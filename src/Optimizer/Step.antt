-- ===== src/Optimizer/Step.antt =====
-- What a pass of libursa/QueryOptimizer.cpp has to keep, and the passes one after the other.
use ursadb.Prelude.{◌≤◌, ◌<◌, ◌≡◌, refl, ◌∙◌, Bool, true, false, arith, Bool-cases, inl, inr}
use ursadb.Query.Syntax.{PrimitiveQuery, Query}
use ursadb.Query.Meaning.{holds, CountsFit}
use ursadb.Optimizer.Optimize.{measure}

module _ (A : PrimitiveQuery → Type 0) where
  -- From a query and `*changed` to a query and `*changed`: the meaning stays, counts stay small, the
  -- query does not grow, and it gets smaller where the pass reports the first change.
  pub record Keeps (q : Query) (changed : Bool) (p : Query × Bool) : Type 0 where
    pub meaning : CountsFit A q → (has : PrimitiveQuery → Bool) → holds has p.0 ≡ holds has q
    pub counts : CountsFit A q → CountsFit A p.0
    pub shrinks : measure p.0 ≤ measure q
    pub progress : p.1 ≡ true → changed ≡ false → measure p.0 < measure q

  pub Keeps-refl : (q : Query) (changed : Bool) → Keeps q changed (q, changed)
  Keeps-refl q changed = record {
    meaning = λ h has. refl;
    counts = λ h. h;
    shrinks = omega arith;
    progress = λ e f. cc;
  }

  pub Keeps-trans :
      {q : Query} {changed : Bool} {p r : Query × Bool}
      → Keeps q changed p
      → Keeps p.0 p.1 r
      → Keeps q changed r
  Keeps-trans {p = p} first later = record {
    meaning = λ h has. later.meaning (first.counts h) has ∙ first.meaning h has;
    counts = λ h. later.counts (first.counts h);
    shrinks = omega (arith, first.shrinks, later.shrinks);
    progress = λ e f. elim (Bool-cases p.1) [
      | inl here ↦ omega (arith, first.progress here f, later.shrinks)
      | inr not_here ↦ omega (arith, first.shrinks, later.progress e not_here)
    ];
  }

WORK REQUIRED | What you give back must be the stretch above, starting at the line with "Keeps-refl q changed" and ending at the line with "later = record", copied exactly.

ANSWER TO THE EXERCISE |
  Keeps-refl q changed = record {
    meaning = λ h has. refl;
    counts = λ h. h;
    shrinks = omega arith;
    progress = λ e f. cc;
  }

  pub Keeps-trans :
      {q : Query} {changed : Bool} {p r : Query × Bool}
      → Keeps q changed p
      → Keeps p.0 p.1 r
      → Keeps q changed r
  Keeps-trans {p = p} first later = record {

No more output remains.